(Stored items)

-- ===== src/Fuse.antt =====
-- src/fuse/spfuse.cpp: the operations that go to the client. A path comes without its first
-- character; `errno` is the value that the variable has, not zero.
use sponge_bob.Prelude.{
  ℕ, zero, suc, ◌-◌, ◌^◌, String, Bool, true, false, Option, none, some, List, [], ◌∷◌, ◌==◌,
  if◌then◌else◌,
}
use text.Mathlib.Text
use sponge_bob.Result.{Result, ok, ◌>>=◌}
use sponge_bob.Rdma.Types.{ℤ, pos, negsuc}
use sponge_bob.MetaServer.Messages.{DentryInfo}
use sponge_bob.MetaClient
use sponge_bob.MetaClient.{Stub}
use sponge_bob.Client
use sponge_bob.Client.{Remote}

abbrev pub neg : ℕ → ℤ
neg zero = pos 0
neg (suc n) = negsuc n

-- `res == -1`
abbrev is_minus_one : ℤ → Bool
is_minus_one (pos n) = false
is_minus_one (negsuc n) = n == 0

-- An `int` as `fi->fh`, a `uint64_t`.
abbrev file_handle : ℤ → ℕ
file_handle (pos n) = n
file_handle (negsuc n) = 2 ^ 64 - 1 - n

module _ {W : Type 0} (stub : Stub W) (errno : ℕ) where
  -- `fuse_open`: the result, and `fi->fh` if it is set.
  unfoldable pub fuse_open : String → W → Result ((ℤ × Option ℕ) × W)
  fuse_open new_path w = do
    (res, w') ← MetaClient.open_file stub new_path w
    ok ((if is_minus_one res then (neg errno, none) else (pos 0, some (file_handle res))), w')

  -- `fuse_create`
  unfoldable pub fuse_create : String → W → Result ((ℤ × Option ℕ) × W)
  unfolding fuse_open
  fuse_create new_path w = fuse_open new_path w

  -- `fuse_release`
  unfoldable pub fuse_release : ℕ → W → Result (ℤ × W)
  fuse_release fh w = do
    (closed, w') ← MetaClient.close_file stub fh w
    ok ((if closed then pos 0 else neg errno), w')

  -- `fuse_unlink`
  unfoldable pub fuse_unlink : String → W → Result (ℤ × W)
  fuse_unlink new_path w = do
    (res, w') ← MetaClient.remove_file stub new_path w
    ok ((if res then pos 0 else neg errno), w')

  -- `fuse_rmdir`
  unfoldable pub fuse_rmdir : String → W → Result (ℤ × W)
  unfolding fuse_unlink
  fuse_rmdir new_path w = fuse_unlink new_path w

  -- `bool res = …` of an `int`.
  abbrev to_bool : ℤ → Bool
  to_bool (pos n) = if n == 0 then false else true
  to_bool (negsuc n) = true

  -- `fuse_mkdir`
  unfoldable pub fuse_mkdir : String → W → Result (ℤ × W)
  fuse_mkdir new_path w = do
    (res, w') ← MetaClient.create_diretory stub new_path w
    ok ((if to_bool res then pos 0 else neg errno), w')

-- The loop of `fuse_readdir`; `filler name is_dir` answers whether the buffer is full.
unfoldable pub fill_entries :
    {B : Type 0} → (String → Bool → B → Bool × B) → List DentryInfo → B → B
fill_entries filler [] buf = buf
fill_entries filler (d ∷ ds) buf =
    let (full, buf') = filler d.name d.is_dir buf in
    let rest = fill_entries filler ds buf' in if full then buf' else rest

-- `fuse_readdir`
unfoldable pub fuse_readdir :
    {W B : Type 0} → Stub W → (String → Bool → B → Bool × B) → String → B → W → Result ((ℤ × B) × W)
unfolding fill_entries
fuse_readdir stub filler new_path buf w = do
  ((res, entries), w') ← MetaClient.read_directory stub new_path [] w
  ok ((pos 0, fill_entries filler entries buf), w')

-- `fuse_read` and `fuse_write`
unfoldable pub fuse_read :
    {W S : Type 0} → Stub W → Remote S → String → ℕ → ℕ → ℕ → W × S → Result (ℤ × (W × S))
fuse_read stub remote new_path buf size offset ws =
    Client.read stub remote new_path buf offset size ws

unfoldable pub fuse_write :
    {W S : Type 0} → Stub W → Remote S → String → ℕ → ℕ → ℕ → W × S → Result (ℤ × (W × S))
fuse_write stub remote new_path buf size offset ws =
    Client.write stub remote new_path buf offset size ws

-- `struct stat`, as `fuse_getattr` fills it: the mode without the type, which `is_dir` tells.
pub record Stat : Type 0 where
  pub is_dir : Bool
  pub permissions : ℕ
  pub st_size : ℕ
  pub st_nlink : ℕ
  pub st_uid : ℕ
  pub st_gid : ℕ
  pub st_rdev : ℕ
  pub st_atime : ℕ
  pub st_mtime : ℕ
  pub st_ctime : ℕ

-- `fuse_getattr` of a whole path: 493 is `0755`.
unfoldable pub fuse_getattr : String → ℤ × Stat
fuse_getattr path = (
  pos 0,
  record {
    is_dir = if Text.◌==◌ path "/" then true else false;
    permissions = 493;
    st_size = if Text.◌==◌ path "/" then 0 else 123;
    st_nlink = 1;
    st_uid = 0;
    st_gid = 0;
    st_rdev = 0;
    st_atime = 0;
    st_mtime = 0;
    st_ctime = 0;
  },
)

-- `fuse_statfs`: the result and `f_bsize`.
unfoldable pub fuse_statfs : ℤ × ℕ
fuse_statfs = (pos 0, 12345)
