-- ===== src/Client/Transfers.antt =====
-- A client that reads what it has written, and `fuse_mkdir`.
use sponge_bob.Prelude.{
  ℕ, ◌+◌, ◌%◌, ◌<◌, ◌≡◌, refl, ap, ◌∙◌, String, Bool, true, false, none, some, List, [], ◌∷◌, arith,
  if◌then◌else◌,
}
use sponge_bob.Result.{Result, ok, fault, null_pointer, ◌>>=◌}
use sponge_bob.Rdma.Types.{pos, negsuc}
use sponge_bob.Inode.{Dentry, dir, get_dentry}
use sponge_bob.MetaServer.Messages.{FileBlockInfo, TransferRequest, TransferReply, success}
use sponge_bob.MetaServer.State.{Service}
use sponge_bob.MetaServer.Handlers
use sponge_bob.MetaServer.Consistent.{Consistent}
use sponge_bob.MetaServer.Consistent.Frame.{entry_live}
use sponge_bob.MetaServer.Transfer.Located.{serve}
use sponge_bob.MetaServer.Abstract.{File, file_of, view}
use sponge_bob.MetaServer.Steps.Effects.{view_found}
use sponge_bob.MetaServer.Read.{read_file_missing}
use sponge_bob.MetaServer.Remove.File.{remove_file_total}
use sponge_bob.MetaServer.Create.{Created, create_file_new}
use sponge_bob.MetaServer.Write.File.{Writable, write_file_total, read_file-write_file}
use sponge_bob.MetaClient
use sponge_bob.MetaClient.{server_stub, int_value}
use sponge_bob.Client.{Remote, read_blocks, write_blocks, answer, read, write}
use sponge_bob.Fuse.{fuse_mkdir, fuse_unlink, neg}

-- A run of a transfer over the blocks of a list, by an operation that a block is handed to: the buffer,
-- the sixteen low bits of the server's number, the offset in its memory and the length, block by block
-- in order. It ends with the last block, or with the first that the operation fails for.
pub data Moves {S : Type 0} (op : ℕ → ℕ → ℕ → ℕ → S → Result (Bool × S)) (user_buf : ℕ)
    : List FileBlockInfo → S → Bool → S → Type 0 where
  all_moved : (s : S) → Moves op user_buf [] s true s
  moved_one :
      (block : FileBlockInfo) (blocks : List FileBlockInfo) (done : Bool) (s s' s'' : S)
      → op user_buf (block.serverid % 65536) block.mem_offset block.length s ≡ ok (true, s')
      → Moves op user_buf blocks s' done s''
      → Moves op user_buf (block ∷ blocks) s done s''
  not_moved :
      (block : FileBlockInfo) (blocks : List FileBlockInfo) (s s' : S)
      → op user_buf (block.serverid % 65536) block.mem_offset block.length s ≡ ok (false, s')
      → Moves op user_buf (block ∷ blocks) s false s'

answer_eq :
    (done : Bool) (n len : ℕ) → n ≡ len → answer done n ≡ (if done then int_value len else negsuc 0)
answer_eq true n len e = ap int_value e
answer_eq false n len e = refl

module _ {S : Type 0} (remote : Remote S) {user_buf : ℕ} where
  read_blocks-Moves :
      {blocks : List FileBlockInfo} {s s' : S} {done : Bool}
      → Moves remote.remote_read user_buf blocks s done s'
      → read_blocks remote user_buf blocks s ≡ ok (done, s')
  unfolding read_blocks
  read_blocks-Moves (all_moved s) = refl
  read_blocks-Moves (moved_one block blocks done s s' s'' e m) = rw (e, ◌>>=◌) (read_blocks-Moves m)
  read_blocks-Moves (not_moved block blocks s s' e) = rw (e, ◌>>=◌) refl

  write_blocks-Moves :
      {blocks : List FileBlockInfo} {s s' : S} {done : Bool}
      → Moves remote.remote_write user_buf blocks s done s'
      → write_blocks remote user_buf blocks s ≡ ok (done, s')
  unfolding write_blocks
  write_blocks-Moves (all_moved s) = refl
  write_blocks-Moves (moved_one block blocks done s s' s'' e m) =
      rw (e, ◌>>=◌) (write_blocks-Moves m)
  write_blocks-Moves (not_moved block blocks s s' e) = rw (e, ◌>>=◌) refl

module _ (hash : String → ℕ) (rand : ℕ → ℕ) {S : Type 0} (remote : Remote S) where
  write_run :
      (name : String) (user_buf offset len : ℕ) (s s' : Service) (x x' : S) (done : Bool)
      (reply : TransferReply)
      → Handlers.write_file hash rand (record { name = name; offset = offset; length = len }) s
        ≡ ok (success reply, s')
      → Moves remote.remote_write user_buf reply.block_info x done x'
      → write (server_stub hash rand) remote name user_buf offset len (s, x)
        ≡ ok (answer done reply.bytes, (s', x'))
  unfolding write MetaClient.write_file
  write_run name user_buf offset len s s' x x' done reply e m =
      rw (e, ◌>>=◌) (rw (write_blocks-Moves remote m) refl)

  read_run :
      (name : String) (user_buf offset len : ℕ) (s s' : Service) (x x' : S) (done : Bool)
      (reply : TransferReply)
      → Handlers.read_file hash (record { name = name; offset = offset; length = len }) s
        ≡ ok (success reply, s')
      → Moves remote.remote_read user_buf reply.block_info x done x'
      → read (server_stub hash rand) remote name user_buf offset len (s, x)
        ≡ ok (answer done reply.bytes, (s', x'))
  unfolding read MetaClient.read_file
  read_run name user_buf offset len s s' x x' done reply e m =
      rw (e, ◌>>=◌) (rw (read_blocks-Moves remote m) refl)

  -- A client writes a range to a consistent service with room for it, and later reads the range back,
  -- whatever became of its socket in between. There is one list of blocks that serves each byte of the
  -- range by its place in the file, and both calls hand it to the operation of the socket block by
  -- block: the buffer, the sixteen low bits of the server's number, the offset in its memory and the
  -- length. Each call that reaches the end of the list answers the length as an `int`, and each that
  -- ends with a block that fails -1; the write leaves a consistent service, and the read changes none.
  pub read-write :
      (name : String) (write_buf read_buf offset len : ℕ) {s : Service} (c : Consistent s)
      → Writable hash (record { name = name; offset = offset; length = len }) s c.root
      → (blocks : List FileBlockInfo) × (e : File) × (s' : Service) × Consistent s'
        × (view hash s' name ≡ some e)
        × ((j : ℕ) → j < len → serve blocks j ≡ e.places (offset + j))
        × ((x x' : S) (done : Bool)
            → Moves remote.remote_write write_buf blocks x done x'
            → write (server_stub hash rand) remote name write_buf offset len (s, x)
              ≡ ok ((if done then int_value len else negsuc 0), (s', x')))
        × ((y y' : S) (done : Bool)
            → Moves remote.remote_read read_buf blocks y done y'
            → read (server_stub hash rand) remote name read_buf offset len (s', y)
              ≡ ok ((if done then int_value len else negsuc 0), (s', y')))
  read-write name write_buf read_buf offset len {s} c w =
      let request : TransferRequest = record { name = name; offset = offset; length = len } in
      let (reply, s', run, x) = write_file_total hash rand request c w in
      let again = read_file-write_file hash rand request c w reply s' run in
      (
        reply.block_info,
        file_of x.inode,
        s',
        x.consistent,
        view_found hash x.consistent name x.dentry x.inode x.named x.stored,
        λ j h. ground (arith, x.serves.at j),
        λ y y' done m.
            write_run name write_buf offset len s s' y y' done reply run m
            ∙ ap (λ n. ok (n, (s', y'))) (answer_eq done reply.bytes len x.bytes),
        λ y y' done m.
            read_run name read_buf offset len s' s' y y' done reply again m
            ∙ ap (λ n. ok (n, (s', y'))) (answer_eq done reply.bytes len x.bytes),
      )

  -- A client that removes a name by `fuse_unlink`, which succeeds, and then reads it: the service
  -- dereferences a null pointer. The service is consistent, and the name leads to an entry.
  pub read-fuse_unlink :
      (errno : ℕ) (name : String) (read_buf offset len : ℕ) {s : Service} (c : Consistent s)
      (d : Dentry)
      → get_dentry hash name c.root ≡ some d
      → (s' : Service) × (fuse_unlink (server_stub hash rand) errno name s ≡ ok (pos 0, s'))
        × ((y : S)
            → read (server_stub hash rand) remote name read_buf offset len (s', y)
              ≡ fault null_pointer)
  unfolding fuse_unlink MetaClient.remove_file read MetaClient.read_file
  read-fuse_unlink errno name read_buf offset len {s} c d n =
      let request : TransferRequest = record { name = name; offset = offset; length = len } in
      let (not_root, (i, f)) = entry_live c (hash name) d (unfold get_dentry in n) in
      let (s', run, x) = remove_file_total hash name c d n i f not_root in
      (
        s',
        rw (run, ◌>>=◌) refl,
        λ y. rw (read_file_missing hash request x.consistent x.unnamed, ◌>>=◌) refl,
      )

fuse_mkdir_eq :
    (hash : String → ℕ) (rand : ℕ → ℕ) (errno inum : ℕ) (new_path : String) (s s' : Service)
    → Handlers.create_file hash new_path true s ≡ ok (success inum, s')
    → fuse_mkdir (server_stub hash rand) errno new_path s ≡ ok (neg errno, s')
unfolding fuse_mkdir MetaClient.create_diretory
fuse_mkdir_eq hash rand errno inum new_path s s' e = rw (e, ◌>>=◌) refl

-- `fuse_mkdir` of a new name, in a consistent service whose inode table is not full, makes the
-- directory and answers the negated `errno`, as it does for an error.
pub fuse_mkdir_new :
    (hash : String → ℕ) (rand : ℕ → ℕ) (errno : ℕ) (new_path : String) {s : Service}
    (c : Consistent s)
    → get_dentry hash new_path c.root ≡ none
    → s.inode_table.cur_size < s.inode_table.total_size
    → (i : ℕ) × (s' : Service) × (fuse_mkdir (server_stub hash rand) errno new_path s
        ≡ ok (neg errno, s'))
      × Created hash new_path dir s c.root i s'
fuse_mkdir_new hash rand errno new_path {s} c absent room =
    let (i, s', run, made) = create_file_new hash new_path c absent room true in
    (i, s', fuse_mkdir_eq hash rand errno i new_path s s' run, made)
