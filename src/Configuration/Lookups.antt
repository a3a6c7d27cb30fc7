-- ===== src/Configuration/Lookups.antt =====
-- What the tables of a configuration answer.
use sponge_bob.Prelude.{
  ℕ, zero, suc, ◌+◌, ◌≡◌, ◌≢◌, refl, sym, ◌∙◌, String, some, List, [], ◌∷◌, arith, get_elem?,
  length, ap, ℤ,
}
use sponge_bob.Containers.Table
use sponge_bob.Containers.TextMap
use sponge_bob.Configuration.{
  Settings, Configuration, uint16, add_node, add_nodes, new_configuration, get_ip_by_id,
  get_id_by_ip,
}

-- No two nodes have one number, as `uint16_t`, or one address.
pub data Separate : List (ℤ × String) → Type 0 where
  none_left : Separate []
  apart :
      {node : ℤ × String} {nodes : List (ℤ × String)}
      → ((j : ℕ) (other : ℤ × String)
          → get_elem? nodes j ≡ some other
          → (uint16 node.0 ≢ uint16 other.0) × (node.1 ≢ other.1))
      → Separate nodes
      → Separate (node ∷ nodes)

-- Nodes of other numbers and addresses leave an entry alone.
add_nodes-kept :
    (id : ℕ) (ip : String) (nodes : List (ℤ × String)) (c : Configuration)
    → ((j : ℕ) (other : ℤ × String)
        → get_elem? nodes j ≡ some other
        → (id ≢ uint16 other.0) × (ip ≢ other.1))
    → (Table.find id (add_nodes nodes c).id2ip ≡ Table.find id c.id2ip)
      × (TextMap.find ip (add_nodes nodes c).ip2id ≡ TextMap.find ip c.ip2id)
unfolding add_nodes add_node
add_nodes-kept id ip [] c h = (refl, refl)
add_nodes-kept id ip (node ∷ nodes) c h =
    let (e, e') = add_nodes-kept id ip nodes (add_node node c) (λ j other f. h (suc j) other f) in
    let (ne, ne') = h 0 node refl in
    (
      e ∙ Table.find-assign_ne id (uint16 node.0) node.1 c.id2ip ne,
      e' ∙ TextMap.find-assign_ne ip node.1 (uint16 node.0) c.ip2id ne',
    )

add_nodes-found :
    (k : ℕ) (id : ℤ) (ip : String) (nodes : List (ℤ × String)) (c : Configuration)
    → Separate nodes
    → get_elem? nodes k ≡ some (id, ip)
    → (Table.find (uint16 id) (add_nodes nodes c).id2ip ≡ some ip)
      × (TextMap.find ip (add_nodes nodes c).ip2id ≡ some (uint16 id))
unfolding add_nodes add_node
add_nodes-found k id ip [] c s f = absurd (ground (arith, f))
add_nodes-found zero id ip ((id', ip') ∷ nodes) c (apart h s) f =
    let (e, e') = add_nodes-kept (uint16 id') ip' nodes (add_node (id', ip') c) h in
    let (q, q') : (id' ≡ id) × (ip' ≡ ip) = (cc, cc) in
    (
      ap (λ t. Table.find (uint16 t) (add_nodes nodes (add_node (id', ip') c)).id2ip) (sym q)
          ∙ e
          ∙ Table.find-assign_self (uint16 id') ip' c.id2ip
          ∙ ap some q',
      ap (λ t. TextMap.find t (add_nodes nodes (add_node (id', ip') c)).ip2id) (sym q')
          ∙ e'
          ∙ TextMap.find-assign_self ip' (uint16 id') c.ip2id
          ∙ ap (λ t. some (uint16 t)) q,
    )
add_nodes-found (suc k) id ip (node ∷ nodes) c (apart h s) f =
    add_nodes-found k id ip nodes (add_node node c) s f

add_nodes-count :
    (nodes : List (ℤ × String)) (c : Configuration)
    → (add_nodes nodes c).server_count ≡ c.server_count + length nodes
unfolding add_nodes add_node
add_nodes-count [] c = omega arith
add_nodes-count (node ∷ nodes) c = omega (arith, add_nodes-count nodes (add_node node c))

-- When no two nodes of the file have one number or one address: for each of them, `getIPbyID` of its
-- number answers its address, `getIDbyIP` of its address answers its number, neither changes the
-- configuration, and `ServerCount` is the number of nodes.
pub get_ip_by_id-get_id_by_ip :
    (s : Settings) (k : ℕ) (id : ℤ) (ip : String)
    → Separate s.nodes
    → get_elem? s.nodes k ≡ some (id, ip)
    → (get_ip_by_id (uint16 id) (new_configuration s) ≡ (ip, new_configuration s))
      × (get_id_by_ip ip (new_configuration s) ≡ (uint16 id, new_configuration s))
      × ((new_configuration s).server_count ≡ length s.nodes)
unfolding get_ip_by_id get_id_by_ip new_configuration
get_ip_by_id-get_id_by_ip s k id ip h f =
    let start : Configuration = record {
      id2ip = [];
      ip2id = [];
      server_count = 0;
      metaip = s.metaip;
      rdma_port = s.rdma_port;
      rdma_tcp_port = s.rdma_tcp_port;
    } in
    let (e, e') = add_nodes-found k id ip s.nodes start h f in
    (
      rw (e, get_ip_by_id) refl,
      rw (e', get_id_by_ip) refl,
      omega (arith, add_nodes-count s.nodes start),
    )
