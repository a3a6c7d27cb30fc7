-- ===== src/Containers.antt =====
-- The standard containers that the classes of include/file.hpp and include/spacemanager.hpp use.
pub mod MinQueue
pub mod NumSet
pub mod Table
pub mod TextMap
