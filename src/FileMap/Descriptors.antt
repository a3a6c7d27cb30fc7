-- ===== src/FileMap/Descriptors.antt =====
-- A descriptor is in use or free, and never both.
use sponge_bob.Prelude.{
  ℕ, ◌+◌, ◌≤◌, ◌<◌, ◌≡◌, refl, ap, subst, true, Option, none, some, List, [], ◌∷◌, arith, ltb, leb,
  ◌==◌, ◌&&◌, if◌then◌else◌, Bool-cases, inl, inr, length, count, indicator,
}
use sponge_bob.Containers.MinQueue
use sponge_bob.Containers.MinQueue.{IsSorted, count-push, length-push, push-IsSorted}
use sponge_bob.Containers.NumSet
use sponge_bob.FileMap.{FileMap, new_file_map, allocate_fd, reclaim_fd}

-- The descriptors are 4 to `total_size_` + 3.
pub record IsValid (m : FileMap) : Type 0 where
  pub partition :
      (k : ℕ)
      → count k m.fd_used_set + count k m.fd_free_list
        ≡ indicator (leb 4 k && ltb k (4 + m.total_size))
  pub balance : length m.fd_used_set + length m.fd_free_list ≡ m.total_size
  pub sorted : IsSorted 0 m.fd_free_list

pub new_file_map-IsValid : (size : ℕ) → IsValid (new_file_map size)
unfolding new_file_map
new_file_map-IsValid size = record {
  partition = λ k. omega (arith, MinQueue.count-iota k 4 size);
  balance = omega (arith, MinQueue.length-iota 4 size);
  sorted = MinQueue.IsSorted-zero 4 (MinQueue.iota 4 size) (MinQueue.iota-IsSorted 4 size);
}

-- What `AllocateFD` may answer in a valid map `m`, and the map `m'` that it leaves.
pub data Allocates (m : FileMap) : Option ℕ → FileMap → Type 0 where
  full : m.fd_free_list ≡ [] → Allocates m none m
  fresh :
      (fd : ℕ) (m' : FileMap)
      → count fd m.fd_used_set ≡ 0
      → ((b : ℕ) → b < fd → count b m.fd_free_list ≡ 0)
      → m'.fd_used_set ≡ fd ∷ m.fd_used_set
      → m.fd_free_list ≡ fd ∷ m'.fd_free_list
      → m'.total_size ≡ m.total_size
      → Allocates m (some fd) m'

abbrev Allocation : FileMap → Type 0
Allocation m =
    (r : Option ℕ) × (m' : FileMap) × (allocate_fd m ≡ (r, m')) × Allocates m r m' × IsValid m'

allocate_fd_from : (m : FileMap) (xs : List ℕ) → m.fd_free_list ≡ xs → IsValid m → Allocation m
unfolding allocate_fd
allocate_fd_from m [] e v = (none, m, ground (arith, e), full e, v)
allocate_fd_from m (fd ∷ rest) e v = (
  some fd,
  m',
  ground (arith, e),
  fresh fd m' unused least inserted e refl,
  record {
    partition = λ k. omega (arith, ap (count k) inserted, free_count k, v.partition k);
    balance = omega (arith, ap length inserted, ap length e, v.balance);
    sorted = MinQueue.IsSorted-zero fd rest sorted.1;
  },
)
  where
    m' : FileMap
    m' = record m { fd_free_list = rest; fd_used_set = NumSet.insert fd m.fd_used_set }

    free_count : (k : ℕ) → count k m.fd_free_list ≡ indicator (fd == k) + count k rest
    free_count k = ap (count k) e

    sorted : (0 ≤ fd) × IsSorted fd rest
    sorted = subst (IsSorted 0) e v.sorted

    least : (b : ℕ) → b < fd → count b m.fd_free_list ≡ 0
    least b h = MinQueue.count_below fd b m.fd_free_list (rw e (omega arith, sorted.1)) h

    unused : count fd m.fd_used_set ≡ 0
    unused = ground (arith, v.partition fd, free_count fd)

    inserted : NumSet.insert fd m.fd_used_set ≡ fd ∷ m.fd_used_set
    inserted = NumSet.insert_new fd m.fd_used_set unused

-- In a valid map `AllocateFD` gives out the least descriptor that is not in use, or answers -1 and
-- changes nothing when all are in use; it leaves a valid map.
pub allocate_fd-Allocates :
    (m : FileMap)
    → IsValid m
    → Allocates m (allocate_fd m).0 (allocate_fd m).1 × IsValid (allocate_fd m).1
allocate_fd-Allocates m v =
    let (r, m', e, a, v') = allocate_fd_from m m.fd_free_list refl v in rw e (a, v')

-- `ReclaimFD` answers whether the descriptor is in use; it leaves a valid map in which the
-- descriptor is not in use, and every other is in use as before.
pub reclaim_fd-IsValid :
    (fd other : ℕ) (m : FileMap)
    → IsValid m
    → ((reclaim_fd fd m).0 ≡ NumSet.contains fd m.fd_used_set)
      × IsValid (reclaim_fd fd m).1
      × (count other (reclaim_fd fd m).1.fd_used_set
          ≡ (if fd == other then 0 else count other m.fd_used_set))
unfolding reclaim_fd
reclaim_fd-IsValid fd other m v = elim (Bool-cases (NumSet.contains fd m.fd_used_set)) [
  | inl used ↦ rw used (refl, reclaimed used, NumSet.count-erase other fd m.fd_used_set)
  | inr unused ↦ rw unused (refl, v, ground (arith, NumSet.contains-count fd m.fd_used_set unused))
]
  where
    reclaimed :
        NumSet.contains fd m.fd_used_set ≡ true
        → IsValid (record m {
          fd_used_set = NumSet.erase fd m.fd_used_set;
          fd_free_list = MinQueue.push fd m.fd_free_list;
        })
    reclaimed used =
        let once = NumSet.count_contained fd m.fd_used_set used in
        record {
          partition = λ k. ground (
            arith,
            NumSet.count-erase k fd m.fd_used_set,
            count-push k fd m.fd_free_list,
            v.partition k,
            once,
          );
          balance = ground (
            arith,
            NumSet.length-erase fd m.fd_used_set,
            length-push fd m.fd_free_list,
            v.balance,
            v.partition fd,
            once,
          );
          sorted = push-IsSorted 0 fd m.fd_free_list (omega arith) v.sorted;
        }

reclaim_fresh :
    (m m' : FileMap) (fd : ℕ)
    → IsValid m
    → count fd m.fd_used_set ≡ 0
    → m'.fd_used_set ≡ fd ∷ m.fd_used_set
    → m.fd_free_list ≡ fd ∷ m'.fd_free_list
    → m'.total_size ≡ m.total_size
    → reclaim_fd fd m' ≡ (true, m)
unfolding reclaim_fd NumSet.contains NumSet.erase
reclaim_fresh m m' fd v unused used free total = ground (
  arith,
  NumSet.erase-insert fd m.fd_used_set unused,
  MinQueue.push_front fd m'.fd_free_list (subst (IsSorted 0) free v.sorted).1,
)

reclaim_allocated :
    (m m' : FileMap) (r : Option ℕ) (fd : ℕ)
    → IsValid m
    → Allocates m r m'
    → r ≡ some fd
    → reclaim_fd fd m' ≡ (true, m)
reclaim_allocated m m' r fd v (full e) h = cc
reclaim_allocated m m' r fd v (fresh fd' m'' unused least used free total) h =
    let same : fd' ≡ fd = ground arith in
    rw (← same) (reclaim_fresh m m'' fd' v unused used free total)

-- In a valid map, reclaiming the descriptor that `AllocateFD` gave restores the map and answers true.
pub reclaim_fd-allocate_fd :
    (m : FileMap) (fd : ℕ)
    → IsValid m
    → (allocate_fd m).0 ≡ some fd
    → reclaim_fd fd (allocate_fd m).1 ≡ (true, m)
reclaim_fd-allocate_fd m fd v h = reclaim_allocated m _ _ fd v (allocate_fd-Allocates m v).0 h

Exercise requirements => Starting with the line that holds "read_blocks-Moves (moved_one block" and ending with the line that holds "read_run name user_buf", retype every line in the data above exactly, and nothing else.

Answer to the exercise =>
  read_blocks-Moves (moved_one block blocks done s s' s'' e m) = rw (e, ◌>>=◌) (read_blocks-Moves m)
  read_blocks-Moves (not_moved block blocks s s' e) = rw (e, ◌>>=◌) refl

  write_blocks-Moves :
      {blocks : List FileBlockInfo} {s s' : S} {done : Bool}
      → Moves remote.remote_write user_buf blocks s done s'
      → write_blocks remote user_buf blocks s ≡ ok (done, s')
  unfolding write_blocks
  write_blocks-Moves (all_moved s) = refl
  write_blocks-Moves (moved_one block blocks done s s' s'' e m) =
      rw (e, ◌>>=◌) (write_blocks-Moves m)
  write_blocks-Moves (not_moved block blocks s s' e) = rw (e, ◌>>=◌) refl

module _ (hash : String → ℕ) (rand : ℕ → ℕ) {S : Type 0} (remote : Remote S) where
  write_run :
      (name : String) (user_buf offset len : ℕ) (s s' : Service) (x x' : S) (done : Bool)
      (reply : TransferReply)
      → Handlers.write_file hash rand (record { name = name; offset = offset; length = len }) s
        ≡ ok (success reply, s')
      → Moves remote.remote_write user_buf reply.block_info x done x'
      → write (server_stub hash rand) remote name user_buf offset len (s, x)
        ≡ ok (answer done reply.bytes, (s', x'))
  unfolding write MetaClient.write_file
  write_run name user_buf offset len s s' x x' done reply e m =
      rw (e, ◌>>=◌) (rw (write_blocks-Moves remote m) refl)

  read_run :
      (name : String) (user_buf offset len : ℕ) (s s' : Service) (x x' : S) (done : Bool)
      (reply : TransferReply)
      → Handlers.read_file hash (record { name = name; offset = offset; length = len }) s
        ≡ ok (success reply, s')
      → Moves remote.remote_read user_buf reply.block_info x done x'
      → read (server_stub hash rand) remote name user_buf offset len (s, x)
        ≡ ok (answer done reply.bytes, (s', x'))
  unfolding read MetaClient.read_file
  read_run name user_buf offset len s s' x x' done reply e m =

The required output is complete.